— Давайте-ка портрет.
— Глаза стальные, с прищуром, веки припухлые, усы, чуть правленные вниз, нос прямой, лоб высокий; выражение лица сосредоточенное, особых примет нет, крепкого телосложения, довольно широкоплеч, рост высокий, по здешним меркам под метр восемьдесят пять, с аршинами я путаюсь…
— Хм… После девятьсот пятого года новые начальники департамента и охраны не очень-то позволяют печатать свои фотографические портреты…
Рыдз нахмурился, покусал нижнюю губу и попросил извиняюще:
— Владимир Львович, пожалуйста, не произносите при мне слово «охрана»… Вы же знаете, видимо, что с моею сестрой сделали палачи.
— Да, да, миленький, простите великодушно, я привык говорить для здешней прессы, не гневайтесь…
— Спасибо.
— Хм, — повторил Бурцев, — на Виссарионова не похож, на Комиссарова тоже…
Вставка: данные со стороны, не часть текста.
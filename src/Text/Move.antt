-- ===== src/Text/Move.antt =====
-- memmove of string.c, for arrays that may overlap.
use xv6_fork.Prelude.{
  ℕ, zero, suc, ◌+◌, ◌-◌, ap, ◌≡◌, ◌≤◌, ◌<◌, ◌≢◌, ◌⊎◌, inl, inr, Bool-cases, arith, false, ◌&&◌,
  ltb, refl, ◌∙◌,
}
use native.Mathlib.Decide.{ℕ_discrete}
use xv6_fork.Text.{write, copy_down, copy_up, memmove}

-- `n` bytes from `src` are at `dst`, and nothing else has changed.
pub record Copies (m : ℕ → ℕ) (dst src n : ℕ) (r : ℕ → ℕ) : Type 0 where
  pub inside : (i a b : ℕ) → i < n → a ≡ dst + i → b ≡ src + i → r a ≡ m b
  pub outside : (a : ℕ) → (a < dst) ⊎ (dst + n ≤ a) → r a ≡ m a

write_self : (m : ℕ → ℕ) (a v b : ℕ) → a ≡ b → write m a v b ≡ v
write_self m a v b e = ground arith

write_ne : (m : ℕ → ℕ) (a v b : ℕ) → a ≢ b → write m a v b ≡ m b
write_ne m a v b ne = ground arith

-- After the first byte of an upward copy, the rest.
up-Copies :
    (n dst src : ℕ) (m r : ℕ → ℕ)
    → (dst ≤ src) ⊎ (src + suc n ≤ dst)
    → Copies (write m dst (m src)) (dst + 1) (src + 1) n r
    → Copies m dst src (suc n) r
up-Copies n dst src m r fit h = record {
  inside = λ i a b lt ea eb. elim (ℕ_discrete i 0) [
    | yes z ↦
        h.outside a (inl (omega arith))
        ∙ write_self m dst (m src) a (omega arith)
        ∙ ap m (omega arith)
    | no nz ↦
        h.inside (i - 1) a b (omega arith) (omega arith) (omega arith)
        ∙ write_ne m dst (m src) b (omega arith)
  ];
  outside = λ a o. h.outside a (wider a o) ∙ write_ne m dst (m src) a (omega arith);
}
  where
    wider : (a : ℕ) → (a < dst) ⊎ (dst + suc n ≤ a) → (a < dst + 1) ⊎ (dst + 1 + n ≤ a)
    wider a (inl lo) = inl (omega arith)
    wider a (inr hi) = inr (omega arith)

copy_up-Copies :
    (n dst src : ℕ) (m : ℕ → ℕ)
    → (dst ≤ src) ⊎ (src + n ≤ dst)
    → Copies m dst src n (copy_up n dst src m)
unfolding copy_up
copy_up-Copies zero dst src m fit = record {
  inside = λ i a b lt ea eb. absurd (omega arith);
  outside = λ a o. refl;
}
copy_up-Copies (suc n) dst src m fit =
    up-Copies n dst src m _ fit
      (copy_up-Copies n (dst + 1) (src + 1) (write m dst (m src)) (step fit))
  where
    step : (dst ≤ src) ⊎ (src + suc n ≤ dst) → (dst + 1 ≤ src + 1) ⊎ (src + 1 + n ≤ dst + 1)
    step (inl lo) = inl (omega arith)
    step (inr hi) = inr (omega arith)

-- After the last byte of a downward copy, the rest.
down-Copies :
    (n dst src d s : ℕ) (m r : ℕ → ℕ)
    → src < dst
    → d ≡ dst + n
    → s ≡ src + n
    → Copies (write m d (m s)) dst src n r
    → Copies m dst src (suc n) r
down-Copies n dst src d s m r fit ed es h = record {
  inside = λ i a b lt ea eb. elim (ℕ_discrete i n) [
    | yes z ↦
        h.outside a (inr (omega arith)) ∙ write_self m d (m s) a (omega arith) ∙ ap m (omega arith)
    | no nz ↦ h.inside i a b (omega arith) ea eb ∙ write_ne m d (m s) b (omega arith)
  ];
  outside = λ a o. h.outside a (wider a o) ∙ write_ne m d (m s) a (omega arith);
}
  where
    wider : (a : ℕ) → (a < dst) ⊎ (dst + suc n ≤ a) → (a < dst) ⊎ (dst + n ≤ a)
    wider a (inl lo) = inl lo
    wider a (inr hi) = inr (omega arith)

copy_down-Copies :
    (n dst src d s : ℕ) (m : ℕ → ℕ)
    → src < dst
    → d ≡ dst + n
    → s ≡ src + n
    → Copies m dst src n (copy_down n d s m)
unfolding copy_down
copy_down-Copies zero dst src d s m fit ed es = record {
  inside = λ i a b lt ea eb. absurd (omega arith);
  outside = λ a o. refl;
}
copy_down-Copies (suc n) dst src d s m fit ed es =
    down-Copies n dst src (d - 1) (s - 1) m _ fit (omega arith) (omega arith) (
      copy_down-Copies n dst src (d - 1) (s - 1) (write m (d - 1) (m (s - 1))) fit (omega arith)
        (omega arith))

-- memmove leaves at `dst` the `n` bytes that were at `src`, however the two overlap, and changes
-- nothing else.
pub memmove-Copies : (dst src n : ℕ) (m : ℕ → ℕ) → Copies m dst src n (memmove dst src n m)
unfolding memmove
memmove-Copies dst src n m = elim (Bool-cases (ltb src dst && ltb dst (src + n))) [
  | inl down ↦ rw down (copy_down-Copies n dst src (dst + n) (src + n) m (ground arith) refl refl)
  | inr up ↦ rw up (copy_up-Copies n dst src m (apart up))
]
  where
    apart : (ltb src dst && ltb dst (src + n)) ≡ false → (dst ≤ src) ⊎ (src + n ≤ dst)
    apart up = elim (Bool-cases (ltb src dst)) [
      | inl lo ↦ inr (ground arith)
      | inr hi ↦ inl (ground arith)
    ]
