-- ===== src/Text/Pad.antt =====
-- strncpy of string.c: what it copies and what it pads with zeros.
use xv6_fork.Prelude.{
  ℕ, zero, suc, ◌+◌, ◌-◌, ◌≡◌, ◌≤◌, ◌<◌, ◌≢◌, ◌⊎◌, refl, ap, sym, inl, inr, Bool-cases, arith, ◌==◌,
  ◌∙◌,
}
use native.Mathlib.Decide.{ℕ_discrete}
use xv6_fork.Text.{write, pad, strncpy}
use xv6_fork.Text.Copy.{write_self, write_ne}

-- `r` holds at `s` the text at `t` up to its end or for `n` characters, zeros from its end up to `n`
-- bytes, and else what `m` holds.
pub record Padded (m : ℕ → ℕ) (s t n : ℕ) (r : ℕ → ℕ) : Type 0 where
  pub kept :
      (i a b : ℕ) → i < n → a ≡ s + i → b ≡ t + i → ((c : ℕ) → t ≤ c → c < b → m c ≢ 0) → r a ≡ m b
  pub padded : (i a c : ℕ) → i < n → a ≡ s + i → t ≤ c → c < t + i → m c ≡ 0 → r a ≡ 0
  pub outside : (a : ℕ) → (a < s) ⊎ (s + n ≤ a) → r a ≡ m a

pad-outside : (n s : ℕ) (m : ℕ → ℕ) (a : ℕ) → (a < s) ⊎ (s + n ≤ a) → pad n s m a ≡ m a
unfolding pad
pad-outside zero s m a o = refl
pad-outside (suc n) s m a (inl lo) =
    pad-outside n (s + 1) (write m s 0) a (inl (omega arith)) ∙ write_ne m s 0 a (omega arith)
pad-outside (suc n) s m a (inr hi) =
    pad-outside n (s + 1) (write m s 0) a (inr (omega arith)) ∙ write_ne m s 0 a (omega arith)

pad-inside : (n s : ℕ) (m : ℕ → ℕ) (a : ℕ) → s ≤ a → a < s + n → pad n s m a ≡ 0
unfolding pad
pad-inside zero s m a lo hi = absurd (omega arith)
pad-inside (suc n) s m a lo hi = elim (ℕ_discrete s a) [
  | yes e ↦ pad-outside n (s + 1) (write m s 0) a (inl (omega arith)) ∙ write_self m s 0 a e
  | no ne ↦ pad-inside n (s + 1) (write m s 0) a (omega arith) (omega arith)
]

beside : (s n a : ℕ) → (a < s) ⊎ (s + suc n ≤ a) → s ≢ a
beside s n a (inl lo) = omega arith
beside s n a (inr hi) = omega arith

past : (s n a : ℕ) → (a < s) ⊎ (s + suc n ≤ a) → (a < s + 1) ⊎ (s + 1 + n ≤ a)
past s n a (inl lo) = inl (omega arith)
past s n a (inr hi) = inr (omega arith)

-- The text ends at its first character.
end-Padded :
    (n s t : ℕ) (m : ℕ → ℕ) → m t ≡ 0 → Padded m s t (suc n) (pad n (s + 1) (write m s (m t)))
end-Padded n s t m z = record {
  kept = λ i a b lt ea eb full. elim (ℕ_discrete t b) [
    | yes e ↦
        pad-outside n (s + 1) _ a (inl (omega arith))
        ∙ write_self m s (m t) a (omega arith)
        ∙ ap m e
    | no ne ↦ absurd (full t (omega arith) (omega arith) z)
  ];
  padded = λ i a c lt ea lo hi zc. pad-inside n (s + 1) _ a (omega arith) (omega arith);
  outside = λ a o. pad-outside n (s + 1) _ a (past s n a o) ∙ write_ne m s (m t) a (beside s n a o);
}

-- One more character.
next-Padded :
    (n s t : ℕ) (m r : ℕ → ℕ)
    → (t + suc n ≤ s) ⊎ (s + suc n ≤ t)
    → m t ≢ 0
    → Padded (write m s (m t)) (s + 1) (t + 1) n r
    → Padded m s t (suc n) r
next-Padded n s t m r fit nz h = record {
  kept = λ i a b lt ea eb full. elim (ℕ_discrete i 0) [
    | yes e ↦
        h.outside a (inl (omega arith)) ∙ write_self m s (m t) a (omega arith) ∙ ap m (same b eb e)
    | no ne ↦
        h.kept (pred i) a b (omega arith) (omega arith) (omega arith) (λ c lo hi zc.
          full c (omega arith) hi (sym (untouched c (omega arith) (omega arith)) ∙ zc))
        ∙ untouched b (omega arith) (omega arith)
  ];
  padded = λ i a c lt ea lo hi zc. elim (ℕ_discrete t c) [
    | yes e ↦ absurd (nz (ap m e ∙ zc))
    | no ne ↦
        h.padded (pred i) a c (omega arith) (omega arith) (omega arith) (omega arith)
          (untouched c (omega arith) (omega arith) ∙ zc)
  ];
  outside = λ a o. h.outside a (past s n a o) ∙ write_ne m s (m t) a (beside s n a o);
}
  where
    pred : ℕ → ℕ
    pred i = i - 1

    same : {i : ℕ} (b : ℕ) → b ≡ t + i → i ≡ 0 → t ≡ b
    same b eb e = omega arith

    untouched : (c : ℕ) → t ≤ c → c < t + suc n → write m s (m t) c ≡ m c
    untouched c lo hi =
        write_ne m s (m t) c (elim fit [ inl f ↦ omega arith | inr f ↦ omega arith ])

-- strncpy of `n` bytes to `s` from `n` bytes at `t` that do not overlap: the text at `t` up to its end
-- or for `n` characters, then zeros up to `n` bytes; nothing outside them is written.
pub strncpy-Padded :
    (n s t : ℕ) (m : ℕ → ℕ) → (t + n ≤ s) ⊎ (s + n ≤ t) → Padded m s t n (strncpy s t n m)
unfolding strncpy
strncpy-Padded zero s t m fit = record {
  kept = λ i a b lt. absurd (omega arith);
  padded = λ i a c lt. absurd (omega arith);
  outside = λ a o. refl;
}
strncpy-Padded (suc n) s t m fit = elim (Bool-cases (m t == 0)) [
  | inl z ↦ rw z (end-Padded n s t m (ground arith))
  | inr nz ↦ rw nz (
      next-Padded n s t m _ fit (ground arith)
        (strncpy-Padded n (s + 1) (t + 1) (write m s (m t)) (step fit)))
]
  where
    step : (t + suc n ≤ s) ⊎ (s + suc n ≤ t) → (t + 1 + n ≤ s + 1) ⊎ (s + 1 + n ≤ t + 1)
    step (inl lo) = inl (omega arith)
    step (inr hi) = inr (omega arith)
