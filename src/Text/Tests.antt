-- ===== src/Text/Tests.antt =====
-- string.c on a memory in which each byte is its address.
use xv6_fork.Prelude.{ℕ, some, ◌%◌, ◌≡◌, inl, refl, arith}
use xv6_fork.Text.{
  negsuc, copy_down, memmove, stosl, memset, strncmp, copy_text, safestrcpy, pad, strncpy, memcmp,
  strlen,
}
use xv6_fork.Text.Move.{Copies, memmove-Copies}
use xv6_fork.Text.Copy.{Copied, safestrcpy-Copied}

abbrev memory : ℕ → ℕ
memory a = a % 256

memmove-Copies_example : Copies memory 12 10 5 (memmove 12 10 5 memory)
memmove-Copies_example = memmove-Copies 12 10 5 memory

memmove_end : memmove 12 10 5 memory 16 ≡ 14
unfolding memmove copy_down
memmove_end = refl

memset_byte : memset 8 300 8 memory 13 ≡ 44
unfolding memset stosl
memset_byte = refl

strncmp_less : strncmp 10 20 3 memory ≡ negsuc 9
unfolding strncmp
strncmp_less = refl

safestrcpy-Copied_example : (k : ℕ) × Copied memory 400 254 16 (safestrcpy 400 254 16 memory) k
safestrcpy-Copied_example = safestrcpy-Copied 15 400 254 memory (inl (omega arith))

safestrcpy_cut : safestrcpy 400 254 16 memory 401 ≡ 255
unfolding safestrcpy copy_text
safestrcpy_cut = refl

strncpy_kept : strncpy 400 254 6 memory 401 ≡ 255
unfolding strncpy pad
strncpy_kept = refl

strncpy_padded : strncpy 400 254 6 memory 405 ≡ 0
unfolding strncpy pad
strncpy_padded = refl

memcmp_less : memcmp 10 20 3 memory ≡ negsuc 9
unfolding memcmp
memcmp_less = refl

strlen_wrap : strlen 10 0 250 memory ≡ some 6
unfolding strlen
strlen_wrap = refl
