-- ===== src/UtilFrames/Splitting.antt =====
-- src/util/frames.c: `util_frames_inbox` given its bytes in two calls.
use telehash_c.Prelude.{
  ℕ, zero, suc, ◌+◌, ◌-◌, ◌≤◌, ◌<◌, ◌≡◌, refl, sym, ap, subst, ap₂, ◌∙◌, inl, inr, Bool, true,
  false, List, [], ◌++◌, append_assoc, arith, ltb, ltb→lt, ◌==◌, if◌then◌else◌, length, take, drop,
  length-append, length-drop, drop-append, Bool-cases,
}
use telehash_c.UtilFrames.{
  UtilFrames, accepted, prepare, awaiting, resume, complete, inbox_loop, inbox, free_empties,
  lob_direct,
}
use telehash_c.UtilFrames.Queue
use telehash_c.UtilFrames.Framing.{
  Wf, begun_Wf, accepted_begun, awaiting_room, awaiting_total, awaiting_begun, ltb_not, resume_ext,
  resume-accepted, resume_more, loop_short, loop_long, complete_begun, complete-append,
  inbox_loop_fuel, take-append_past, drop-append_past,
}

awaiting_prepared : (f : UtilFrames) → awaiting (awaiting f).1 ≡ awaiting f
unfolding awaiting prepare
awaiting_prepared f = ground arith

accepted_injective : (f g : UtilFrames) → accepted f ≡ accepted g → f ≡ g
accepted_injective f g e = cc

module _ (js0n : List ℕ → Bool) where
  -- A packet's bytes are all there.
  unfoldable pub finish : List ℕ → UtilFrames → UtilFrames
  finish bytes g = record g {
    inbox = Queue.append (free_empties g.is_receiving g.inbox) (lob_direct js0n bytes);
    filled = [];
    inlen = 0;
  }

  pub begun_short :
      (k : ℕ) (g : UtilFrames) (bytes : List ℕ)
      → length g.filled < g.inlen
      → length g.filled + length bytes < g.inlen
      → inbox_loop js0n (suc k) g bytes ≡ accepted (record g { filled = g.filled ++ bytes })
  begun_short k g bytes begun lt =
      let at : awaiting g ≡ (g.inlen - length g.filled, g) = awaiting_begun g begun in
      loop_short js0n k g bytes (rw at (omega arith))
      ∙ ap (λ r. accepted (record r.1 { filled = r.1.filled ++ bytes })) at

  pub packet_long :
      (k : ℕ) (g : UtilFrames) (bytes : List ℕ)
      → length g.filled < g.inlen
      → g.inlen ≤ length g.filled + length bytes
      → (g.inlen == 8) ≡ false
      → inbox_loop js0n (suc k) g bytes
        ≡ resume
            (drop (g.inlen - length g.filled) bytes)
            (λ h. inbox_loop js0n k h (drop (g.inlen - length g.filled) bytes))
            (accepted (finish (g.filled ++ take (g.inlen - length g.filled) bytes) g))
  unfolding complete finish
  packet_long k g bytes begun le plain =
      let at : awaiting g ≡ (g.inlen - length g.filled, g) = awaiting_begun g begun in
      loop_long js0n k g bytes (rw at (omega arith))
      ∙ ap
          (λ (r : ℕ × UtilFrames).
            resume (drop r.0 bytes) (λ h. inbox_loop js0n k h (drop r.0 bytes))
              (complete js0n bytes r.0 r.1))
          at
      ∙ rw plain

  -- The first bytes end within a packet.
  pub split_within :
      (m n : ℕ) (g : UtilFrames) (xs ys : List ℕ)
      → length g.filled + length xs < g.inlen
      → (g.inlen == 8) ≡ false
      → length xs + length ys ≤ suc m
      → length ys ≤ suc n
      → inbox_loop js0n (suc m) g (xs ++ ys)
        ≡ inbox_loop js0n (suc n) (record g { filled = g.filled ++ xs }) ys
  unfolding finish
  split_within m n g xs ys lt plain hm hn =
      let g2 : UtilFrames = record g { filled = g.filled ++ xs } in
      let both = length-append xs ys in
      let had = length-append g.filled xs in
      elim (Bool-cases (ltb (length g.filled + (length xs + length ys)) g.inlen)) [
        | inl short ↦
            let under = ltb→lt _ _ short in
            begun_short m g (xs ++ ys) (omega arith) (omega arith)
            ∙ ap (λ b. accepted (record g { filled = b })) (sym (append_assoc g.filled xs ys))
            ∙ sym (begun_short n g2 ys (omega arith) (omega arith))
        | inr long ↦
            let le = ltb_not _ _ long in
            let past : g.inlen - length g.filled - length xs ≡ g.inlen - length (g.filled ++ xs) =
              omega arith in
            packet_long m g (xs ++ ys) (omega arith) (omega arith) plain
            ∙ ap₂
                (λ (more all : List ℕ).
                  resume more (λ h. inbox_loop js0n m h more) (accepted (finish all g)))
                (drop-append_past (g.inlen - length g.filled) xs ys (omega arith)
                  ∙ ap (λ k. drop k ys) past)
                (ap (λ b. g.filled ++ b)
                    (take-append_past (g.inlen - length g.filled) xs ys (omega arith)
                      ∙ ap (λ k. xs ++ take k ys) past)
                  ∙ sym (append_assoc g.filled xs (take (g.inlen - length (g.filled ++ xs)) ys)))
            ∙ resume_ext _ _ _ _ (λ h e pos.
              let less = length-drop (g.inlen - length (g.filled ++ xs)) ys in
              inbox_loop_fuel js0n m n h _ (begun_Wf h (accepted_begun _ h e refl)) pos
                (omega arith) (omega arith))
            ∙ sym (packet_long n g2 ys (omega arith) (omega arith) plain)
      ]

  pub loop_prepared :
      (k : ℕ) (f : UtilFrames) (bytes : List ℕ)
      → inbox_loop js0n (suc k) f bytes ≡ inbox_loop js0n (suc k) (awaiting f).1 bytes
  unfolding inbox_loop
  loop_prepared k f bytes =
      ap
        (λ (r : ℕ × UtilFrames).
          if ltb (length bytes) r.0
          then accepted (record r.1 { filled = r.1.filled ++ bytes })
          else resume (drop r.0 bytes) (λ h. inbox_loop js0n k h (drop r.0 bytes))
              (complete js0n bytes r.0 r.1))
        (sym (awaiting_prepared f))

  pub split_loop :
      (k m n : ℕ) (f g : UtilFrames) (xs ys : List ℕ)
      → Wf f
      → 0 < length xs
      → 0 < length ys
      → length xs + length ys ≤ m
      → length ys ≤ n
      → inbox_loop js0n k f xs ≡ accepted g
      → ((g.inlen == 8) ≡ true → g.filled ≡ [])
      → inbox_loop js0n m f (xs ++ ys) ≡ inbox_loop js0n n g ys
  split_loop k zero n f g xs ys w px py hm hn e whole = absurd (omega arith)
  split_loop k (suc m) zero f g xs ys w px py hm hn e whole = absurd (omega arith)
  split_loop zero (suc m) (suc n) f g xs ys w px py hm hn e whole = absurd (unfold inbox_loop in cc)
  split_loop (suc k) (suc m) (suc n) f g xs ys w px py hm hn e whole =
      let both = length-append xs ys in
      elim (Bool-cases (ltb (length xs) (awaiting f).0)) [
        | inl short ↦
            let lt = ltb→lt _ _ short in
            let part = accepted_injective _ g (sym (loop_short js0n k f xs lt) ∙ e) in
            let size = length-append (awaiting f).1.filled xs in
            let room = awaiting_total f w in
            elim (Bool-cases ((awaiting f).1.inlen == 8)) [
              | inl header ↦
                  let none_read =
                    ap (λ r. length r.filled) part
                    ∙ ap length (whole (subst (λ r. (r.inlen == 8) ≡ true) part header)) in
                  absurd (omega arith)
              | inr plain ↦
                  loop_prepared m f (xs ++ ys)
                  ∙ split_within m n (awaiting f).1 xs ys (omega arith) plain hm hn
                  ∙ ap (λ r. inbox_loop js0n (suc n) r ys) part
            ]
        | inr long ↦
            let le = ltb_not _ _ long in
            let frame = resume-accepted _ _ _ g (sym (loop_long js0n k f xs le) ∙ e) in
            let h = frame.0 in
            let begun = begun_Wf h (complete_begun js0n xs _ _ h frame.1) in
            let less = length-drop (awaiting f).0 xs in
            let room = awaiting_room f w in
            loop_long js0n m f (xs ++ ys) (omega arith)
            ∙ ap₂ (λ (more : List ℕ) o. resume more (λ h. inbox_loop js0n m h more) o)
                (drop-append (awaiting f).0 xs ys le) (complete-append js0n xs ys _ _ h le frame.1)
            ∙ resume_more _ _ h (omega (arith, length-append (drop (awaiting f).0 xs) ys))
            ∙ elim frame.2 [
              | inl (nil, same) ↦
                  ap₂ (λ (b : List ℕ) r. inbox_loop js0n m r (b ++ ys)) nil same
                  ∙ inbox_loop_fuel js0n m (suc n) g ys (subst Wf same begun) py (omega arith) hn
              | inr (pos, rest) ↦
                  split_loop k m (suc n) h g (drop (awaiting f).0 xs) ys begun pos py (omega arith)
                    hn rest whole
            ]
      ]

  -- For frames with no complete frame waiting and two calls of util_frames_inbox with at least a
  -- byte each: when the first takes its bytes, and does not leave part of a header behind, one
  -- call with all the bytes does what the two calls do.
  pub inbox-append :
      (f g : UtilFrames) (xs ys : List ℕ)
      → Wf f
      → 0 < length xs
      → 0 < length ys
      → inbox js0n f xs ≡ accepted g
      → ((g.inlen == 8) ≡ true → g.filled ≡ [])
      → inbox js0n f (xs ++ ys) ≡ inbox js0n g ys
  unfolding inbox
  inbox-append f g xs ys w px py e whole =
      split_loop _ _ _ f g xs ys w px py (omega (arith, length-append xs ys)) (omega arith) e whole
— Кто из чинов полиции был на процессе депутатов Первой думы?
— Информация не поступала, но кто-то был, вокруг здания кишели филеры, ждали кого-то…
— Не Герасимова?
— У меня есть только одна его фотография… Давняя, когда он в начале девяностых годов служил адъютантом при Самарском жандармском управлении… Усы у него были стрельчатые, бородка клинышком, волос кучерявый, шатен, весьма привлекателен…
Поднявшись, Рыдз сказал:
— Человек, который к вам придет, живет под чужим именем. Его зовут «Федор Мокеевич». Это псевдоним. Когда соблаговолите его принять?
— Давайте завтра, часов в девять, я птица ранняя.
— Ему далеко добираться, живет в пригороде. Если разрешите, он будет в одиннадцать тридцать.
О «пригороде» сказал неспроста; Владимир Львович человек увлекающийся, Монмартр в Париже один, а пригородов много, страховка не помешает.
— Именно так. С кем имею честь?
— Я Федор Мокеевич.
— Кто?!
— Вчера вам говорили обо мне. Вы назначили встречу на одиннадцать тридцать.
Бурцев посторонился, пропуская гостя в квартиру:
— Да, да, верно. Прошу.
… Вчера вечером Турчанинов спустился квартирою ниже, там жили две проститутки, Мадлен и Мари (перекрытия потолка слабенькие, все слышно, гостей у девушек не было), попросил утюг с угольями; Мадлен вызвалась погладить ему пиджак и брюки: «Я же работала прачкой, все сделаю вмиг». Турчанинов поблагодарил, ответив, что стеснен в средствах; лучше уж сам. «С соседей не берем, — расхохоталась Мари, — даже за любовь не берем с соседей». Поэтому к Бурцеву пришел выутюженный, в свежей сорочке и галстуке; военная косточка, привычка — вторая натура.
— Нуте-с, Федор Мокеевич, с чем пожаловали?
Турчанинов усмехнулся:
— С головою, Владимир Львович. В коей есть информация, которая может помочь вашей борьбе с провокацией.
— Ага… Ну что ж… Вы с Бакаем и Меньшиковым знакомы?
— Шапочно. Они были в Петербурге, а я служил в Привисленском крае.
— Вы в розыскных списках девятьсот седьмого года?
— Да.
— Так что ж вы и ваши польские друзья от меня конспирируете, милостивый государь?! Вы Андрей Егорович Турчанинов, адъютант при бывшем начальнике варшавской охраны полковнике Глазове, а затем какое-то время при Попове, до того как он был казнен. Из привисленских только один вы и значитесь в списках…
Турчанинов вздохнул:
— Ну и слава богу… Сразу легче стало с вами говорить.
— К ликвидации Попова имеете отношение?